RECORDS FOR THIS EXERCISE =
=== Begin Enclosure ===

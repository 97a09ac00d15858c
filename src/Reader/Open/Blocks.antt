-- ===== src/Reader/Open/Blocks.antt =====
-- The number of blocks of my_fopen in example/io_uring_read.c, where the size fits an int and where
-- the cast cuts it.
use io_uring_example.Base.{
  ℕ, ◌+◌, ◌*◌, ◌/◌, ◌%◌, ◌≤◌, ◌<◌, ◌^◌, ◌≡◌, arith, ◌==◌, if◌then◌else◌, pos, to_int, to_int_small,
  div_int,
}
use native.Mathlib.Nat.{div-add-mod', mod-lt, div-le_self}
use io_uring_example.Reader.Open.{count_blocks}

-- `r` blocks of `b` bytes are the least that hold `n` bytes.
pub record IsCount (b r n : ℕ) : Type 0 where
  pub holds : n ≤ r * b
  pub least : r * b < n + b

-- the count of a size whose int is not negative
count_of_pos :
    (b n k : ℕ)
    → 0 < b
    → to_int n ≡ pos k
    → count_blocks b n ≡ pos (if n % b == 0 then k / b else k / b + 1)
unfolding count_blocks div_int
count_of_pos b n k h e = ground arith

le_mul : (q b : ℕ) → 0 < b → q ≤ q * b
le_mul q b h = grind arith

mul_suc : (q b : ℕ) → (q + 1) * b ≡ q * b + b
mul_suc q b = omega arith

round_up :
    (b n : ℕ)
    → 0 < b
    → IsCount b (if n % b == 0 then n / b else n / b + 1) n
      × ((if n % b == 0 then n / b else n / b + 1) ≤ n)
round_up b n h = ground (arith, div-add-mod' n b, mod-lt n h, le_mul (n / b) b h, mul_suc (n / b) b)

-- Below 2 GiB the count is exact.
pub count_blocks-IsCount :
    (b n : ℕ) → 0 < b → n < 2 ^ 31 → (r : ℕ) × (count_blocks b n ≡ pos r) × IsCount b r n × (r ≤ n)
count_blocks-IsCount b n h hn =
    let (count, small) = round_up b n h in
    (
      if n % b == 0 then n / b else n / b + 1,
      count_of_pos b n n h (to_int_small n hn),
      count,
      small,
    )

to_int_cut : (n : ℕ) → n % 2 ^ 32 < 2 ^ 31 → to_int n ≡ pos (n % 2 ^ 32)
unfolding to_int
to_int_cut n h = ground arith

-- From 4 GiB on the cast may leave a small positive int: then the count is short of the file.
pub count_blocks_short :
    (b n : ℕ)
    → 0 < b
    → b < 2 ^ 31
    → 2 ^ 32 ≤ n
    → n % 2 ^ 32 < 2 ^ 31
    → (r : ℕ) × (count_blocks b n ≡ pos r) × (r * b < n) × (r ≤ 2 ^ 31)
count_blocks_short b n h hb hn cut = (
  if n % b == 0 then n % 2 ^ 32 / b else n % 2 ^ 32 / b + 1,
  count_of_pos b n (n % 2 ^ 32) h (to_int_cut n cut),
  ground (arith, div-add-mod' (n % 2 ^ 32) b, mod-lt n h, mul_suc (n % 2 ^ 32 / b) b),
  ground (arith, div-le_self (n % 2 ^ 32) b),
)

=== End Enclosure ===
=== Begin Enclosure ===

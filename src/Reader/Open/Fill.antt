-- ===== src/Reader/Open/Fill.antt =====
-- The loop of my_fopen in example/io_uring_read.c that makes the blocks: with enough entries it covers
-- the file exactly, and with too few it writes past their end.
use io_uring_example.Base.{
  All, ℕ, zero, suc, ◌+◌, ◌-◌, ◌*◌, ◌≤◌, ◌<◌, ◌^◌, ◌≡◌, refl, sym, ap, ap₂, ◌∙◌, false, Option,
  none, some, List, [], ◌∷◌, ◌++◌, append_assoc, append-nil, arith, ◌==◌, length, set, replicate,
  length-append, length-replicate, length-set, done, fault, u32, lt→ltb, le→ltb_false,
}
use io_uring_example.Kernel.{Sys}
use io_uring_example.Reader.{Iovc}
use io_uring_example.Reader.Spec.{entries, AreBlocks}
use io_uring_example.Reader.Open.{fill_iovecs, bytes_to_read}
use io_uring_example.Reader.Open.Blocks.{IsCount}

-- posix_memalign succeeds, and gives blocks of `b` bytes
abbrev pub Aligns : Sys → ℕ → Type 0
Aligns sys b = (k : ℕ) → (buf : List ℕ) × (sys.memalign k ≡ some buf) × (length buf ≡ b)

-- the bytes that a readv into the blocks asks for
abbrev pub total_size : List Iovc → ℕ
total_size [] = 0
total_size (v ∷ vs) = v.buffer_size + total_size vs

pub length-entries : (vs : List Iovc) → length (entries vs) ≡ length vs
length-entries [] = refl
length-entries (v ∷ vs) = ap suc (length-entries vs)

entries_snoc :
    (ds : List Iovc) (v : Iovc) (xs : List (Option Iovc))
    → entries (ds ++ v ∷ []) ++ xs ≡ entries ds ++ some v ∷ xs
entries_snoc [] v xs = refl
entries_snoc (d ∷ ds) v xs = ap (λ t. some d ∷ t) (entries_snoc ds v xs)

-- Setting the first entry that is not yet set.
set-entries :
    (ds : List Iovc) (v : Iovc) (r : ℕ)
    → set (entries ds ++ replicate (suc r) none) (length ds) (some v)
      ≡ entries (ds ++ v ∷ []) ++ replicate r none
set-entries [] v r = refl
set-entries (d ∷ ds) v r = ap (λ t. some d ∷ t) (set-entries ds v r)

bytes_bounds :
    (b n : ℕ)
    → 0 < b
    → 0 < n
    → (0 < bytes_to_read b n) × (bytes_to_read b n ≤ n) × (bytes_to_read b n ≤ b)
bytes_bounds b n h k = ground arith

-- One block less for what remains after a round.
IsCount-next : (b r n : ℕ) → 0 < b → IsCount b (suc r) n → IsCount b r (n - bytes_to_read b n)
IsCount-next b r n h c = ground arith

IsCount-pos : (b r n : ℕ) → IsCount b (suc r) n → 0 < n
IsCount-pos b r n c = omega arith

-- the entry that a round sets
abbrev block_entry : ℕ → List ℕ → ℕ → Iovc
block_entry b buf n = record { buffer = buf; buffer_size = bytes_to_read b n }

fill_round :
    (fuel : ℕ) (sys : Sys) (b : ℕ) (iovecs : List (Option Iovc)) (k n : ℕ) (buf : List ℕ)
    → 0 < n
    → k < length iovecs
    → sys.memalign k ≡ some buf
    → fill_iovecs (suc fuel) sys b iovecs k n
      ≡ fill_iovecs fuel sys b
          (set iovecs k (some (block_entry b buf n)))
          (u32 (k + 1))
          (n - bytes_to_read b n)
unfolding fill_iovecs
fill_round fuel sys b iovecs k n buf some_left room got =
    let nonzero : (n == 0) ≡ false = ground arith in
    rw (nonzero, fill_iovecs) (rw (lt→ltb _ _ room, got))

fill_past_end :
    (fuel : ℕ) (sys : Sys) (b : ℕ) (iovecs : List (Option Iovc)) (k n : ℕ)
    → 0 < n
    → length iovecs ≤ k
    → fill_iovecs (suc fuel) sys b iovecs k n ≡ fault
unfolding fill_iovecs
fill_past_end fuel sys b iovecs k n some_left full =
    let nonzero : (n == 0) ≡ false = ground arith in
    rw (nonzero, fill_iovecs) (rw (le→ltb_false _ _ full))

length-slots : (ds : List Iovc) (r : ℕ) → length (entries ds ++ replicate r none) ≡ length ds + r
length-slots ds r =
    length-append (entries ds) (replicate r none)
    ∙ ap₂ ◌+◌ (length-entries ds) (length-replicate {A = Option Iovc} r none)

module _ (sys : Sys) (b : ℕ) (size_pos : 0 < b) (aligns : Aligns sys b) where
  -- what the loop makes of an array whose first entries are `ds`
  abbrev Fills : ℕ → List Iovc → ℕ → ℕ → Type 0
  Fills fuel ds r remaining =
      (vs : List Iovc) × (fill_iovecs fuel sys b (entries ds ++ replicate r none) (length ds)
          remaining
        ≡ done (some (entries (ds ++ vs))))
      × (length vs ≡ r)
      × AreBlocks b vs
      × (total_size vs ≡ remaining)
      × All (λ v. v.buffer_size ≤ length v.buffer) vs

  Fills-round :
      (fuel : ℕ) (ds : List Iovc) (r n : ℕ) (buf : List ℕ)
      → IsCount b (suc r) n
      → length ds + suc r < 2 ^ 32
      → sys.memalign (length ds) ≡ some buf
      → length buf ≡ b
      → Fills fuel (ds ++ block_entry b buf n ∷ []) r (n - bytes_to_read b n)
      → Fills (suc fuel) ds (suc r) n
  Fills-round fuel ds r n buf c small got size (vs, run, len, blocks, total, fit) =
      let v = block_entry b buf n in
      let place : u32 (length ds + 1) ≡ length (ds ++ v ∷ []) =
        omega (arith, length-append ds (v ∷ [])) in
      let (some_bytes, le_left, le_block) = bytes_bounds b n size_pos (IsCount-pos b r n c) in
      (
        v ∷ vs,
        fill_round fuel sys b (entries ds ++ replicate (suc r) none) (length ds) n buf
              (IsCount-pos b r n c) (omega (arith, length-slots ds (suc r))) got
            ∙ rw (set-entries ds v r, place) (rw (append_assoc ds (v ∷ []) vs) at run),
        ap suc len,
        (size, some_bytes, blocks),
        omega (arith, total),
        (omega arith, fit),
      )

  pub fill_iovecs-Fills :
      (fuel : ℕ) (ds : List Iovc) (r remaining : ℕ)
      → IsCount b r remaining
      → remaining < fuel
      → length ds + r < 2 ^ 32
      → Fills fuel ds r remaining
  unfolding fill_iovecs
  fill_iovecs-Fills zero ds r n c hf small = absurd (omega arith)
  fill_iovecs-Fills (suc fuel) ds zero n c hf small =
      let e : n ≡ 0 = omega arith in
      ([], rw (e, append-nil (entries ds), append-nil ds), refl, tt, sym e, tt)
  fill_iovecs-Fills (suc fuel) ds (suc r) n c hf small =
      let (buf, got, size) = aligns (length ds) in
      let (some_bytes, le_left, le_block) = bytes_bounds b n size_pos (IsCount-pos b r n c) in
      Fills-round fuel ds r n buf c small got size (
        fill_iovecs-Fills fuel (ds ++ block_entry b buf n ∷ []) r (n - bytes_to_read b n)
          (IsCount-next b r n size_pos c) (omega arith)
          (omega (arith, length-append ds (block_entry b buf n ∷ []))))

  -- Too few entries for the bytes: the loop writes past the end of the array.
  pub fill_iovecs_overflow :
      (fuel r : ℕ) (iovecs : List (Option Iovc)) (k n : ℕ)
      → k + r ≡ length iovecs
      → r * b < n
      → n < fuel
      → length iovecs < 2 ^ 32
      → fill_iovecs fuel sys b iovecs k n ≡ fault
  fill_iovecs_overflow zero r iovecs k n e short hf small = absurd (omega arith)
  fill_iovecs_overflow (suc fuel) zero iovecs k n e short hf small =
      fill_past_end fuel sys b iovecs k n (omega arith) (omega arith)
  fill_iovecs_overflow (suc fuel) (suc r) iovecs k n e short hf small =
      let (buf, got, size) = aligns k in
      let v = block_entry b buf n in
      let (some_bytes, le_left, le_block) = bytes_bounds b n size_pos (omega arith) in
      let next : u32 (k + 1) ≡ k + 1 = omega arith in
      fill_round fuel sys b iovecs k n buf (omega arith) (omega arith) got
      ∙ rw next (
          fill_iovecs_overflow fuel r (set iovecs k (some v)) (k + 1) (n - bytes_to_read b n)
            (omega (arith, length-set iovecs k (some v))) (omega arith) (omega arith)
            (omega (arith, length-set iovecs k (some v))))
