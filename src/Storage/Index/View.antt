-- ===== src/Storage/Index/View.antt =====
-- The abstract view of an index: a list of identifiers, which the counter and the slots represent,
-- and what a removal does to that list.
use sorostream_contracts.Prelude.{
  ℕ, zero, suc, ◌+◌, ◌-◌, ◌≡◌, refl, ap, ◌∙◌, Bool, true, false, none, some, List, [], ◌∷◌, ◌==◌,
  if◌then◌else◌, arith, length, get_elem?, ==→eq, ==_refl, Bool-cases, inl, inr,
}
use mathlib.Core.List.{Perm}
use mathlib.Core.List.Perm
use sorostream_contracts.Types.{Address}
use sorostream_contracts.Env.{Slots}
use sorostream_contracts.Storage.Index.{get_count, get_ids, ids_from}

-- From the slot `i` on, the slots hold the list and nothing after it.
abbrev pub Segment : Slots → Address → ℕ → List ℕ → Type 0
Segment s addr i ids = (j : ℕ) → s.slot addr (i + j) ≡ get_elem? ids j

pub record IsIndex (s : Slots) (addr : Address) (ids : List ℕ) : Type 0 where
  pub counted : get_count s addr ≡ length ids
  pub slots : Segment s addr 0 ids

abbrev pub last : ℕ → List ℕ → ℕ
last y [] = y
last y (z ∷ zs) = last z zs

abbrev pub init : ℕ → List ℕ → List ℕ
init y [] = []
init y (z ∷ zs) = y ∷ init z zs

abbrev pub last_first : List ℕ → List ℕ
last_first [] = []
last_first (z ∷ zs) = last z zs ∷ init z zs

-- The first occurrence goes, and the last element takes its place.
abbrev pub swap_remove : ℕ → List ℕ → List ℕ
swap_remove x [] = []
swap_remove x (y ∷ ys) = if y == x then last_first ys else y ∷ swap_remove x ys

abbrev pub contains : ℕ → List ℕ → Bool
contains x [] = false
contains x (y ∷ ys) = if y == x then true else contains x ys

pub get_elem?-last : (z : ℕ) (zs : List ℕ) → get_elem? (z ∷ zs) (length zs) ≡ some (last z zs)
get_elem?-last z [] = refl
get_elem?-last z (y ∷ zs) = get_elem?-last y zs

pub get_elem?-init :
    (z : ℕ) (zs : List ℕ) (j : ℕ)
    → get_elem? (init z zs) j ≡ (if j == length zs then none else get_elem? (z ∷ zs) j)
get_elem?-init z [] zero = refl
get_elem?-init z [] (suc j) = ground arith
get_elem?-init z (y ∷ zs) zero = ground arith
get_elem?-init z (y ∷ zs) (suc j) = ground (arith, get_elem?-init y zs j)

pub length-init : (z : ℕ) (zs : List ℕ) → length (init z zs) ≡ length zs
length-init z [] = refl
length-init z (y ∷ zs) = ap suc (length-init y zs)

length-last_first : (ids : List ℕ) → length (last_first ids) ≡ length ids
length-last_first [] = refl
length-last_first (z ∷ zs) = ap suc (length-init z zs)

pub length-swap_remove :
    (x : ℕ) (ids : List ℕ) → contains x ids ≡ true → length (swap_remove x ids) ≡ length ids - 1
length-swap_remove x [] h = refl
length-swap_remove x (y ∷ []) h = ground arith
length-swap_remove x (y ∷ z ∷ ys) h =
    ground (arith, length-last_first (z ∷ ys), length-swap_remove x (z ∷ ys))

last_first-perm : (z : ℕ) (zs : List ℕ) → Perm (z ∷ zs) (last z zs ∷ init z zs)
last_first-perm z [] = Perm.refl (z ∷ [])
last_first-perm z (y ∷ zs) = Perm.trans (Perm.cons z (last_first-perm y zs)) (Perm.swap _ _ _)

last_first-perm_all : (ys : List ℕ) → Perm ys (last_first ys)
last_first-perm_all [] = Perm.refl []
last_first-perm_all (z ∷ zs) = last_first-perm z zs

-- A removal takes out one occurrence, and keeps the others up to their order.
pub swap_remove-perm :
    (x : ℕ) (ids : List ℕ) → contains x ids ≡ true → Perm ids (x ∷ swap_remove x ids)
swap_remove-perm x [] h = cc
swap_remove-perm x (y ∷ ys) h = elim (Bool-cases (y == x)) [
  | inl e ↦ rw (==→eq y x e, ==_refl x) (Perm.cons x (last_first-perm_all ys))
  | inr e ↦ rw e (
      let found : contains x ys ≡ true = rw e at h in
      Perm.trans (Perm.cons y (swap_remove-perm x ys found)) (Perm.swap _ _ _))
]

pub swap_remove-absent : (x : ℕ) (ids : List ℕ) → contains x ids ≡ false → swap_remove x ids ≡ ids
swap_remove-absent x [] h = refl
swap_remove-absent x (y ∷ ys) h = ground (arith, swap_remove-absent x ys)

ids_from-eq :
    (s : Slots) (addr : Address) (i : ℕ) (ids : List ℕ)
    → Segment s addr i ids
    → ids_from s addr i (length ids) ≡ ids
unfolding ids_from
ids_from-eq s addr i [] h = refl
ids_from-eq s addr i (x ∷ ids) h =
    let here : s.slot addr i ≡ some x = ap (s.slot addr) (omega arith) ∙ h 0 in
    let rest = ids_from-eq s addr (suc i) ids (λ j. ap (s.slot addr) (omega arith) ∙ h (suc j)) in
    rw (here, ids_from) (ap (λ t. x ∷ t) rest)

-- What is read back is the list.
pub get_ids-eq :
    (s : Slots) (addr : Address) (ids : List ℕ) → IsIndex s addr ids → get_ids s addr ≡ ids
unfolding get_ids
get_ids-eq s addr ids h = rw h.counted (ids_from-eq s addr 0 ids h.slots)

=== End Enclosure ===

Each line of the records that contains the string "antt" must be copied.

REPLY TO THE EXERCISE =
filename src/Reader/Open/Blocks.antt
-- ===== src/Reader/Open/Blocks.antt =====
filename src/Reader/Open/Fill.antt
-- ===== src/Reader/Open/Fill.antt =====
filename src/Storage/Index/View.antt
-- ===== src/Storage/Index/View.antt =====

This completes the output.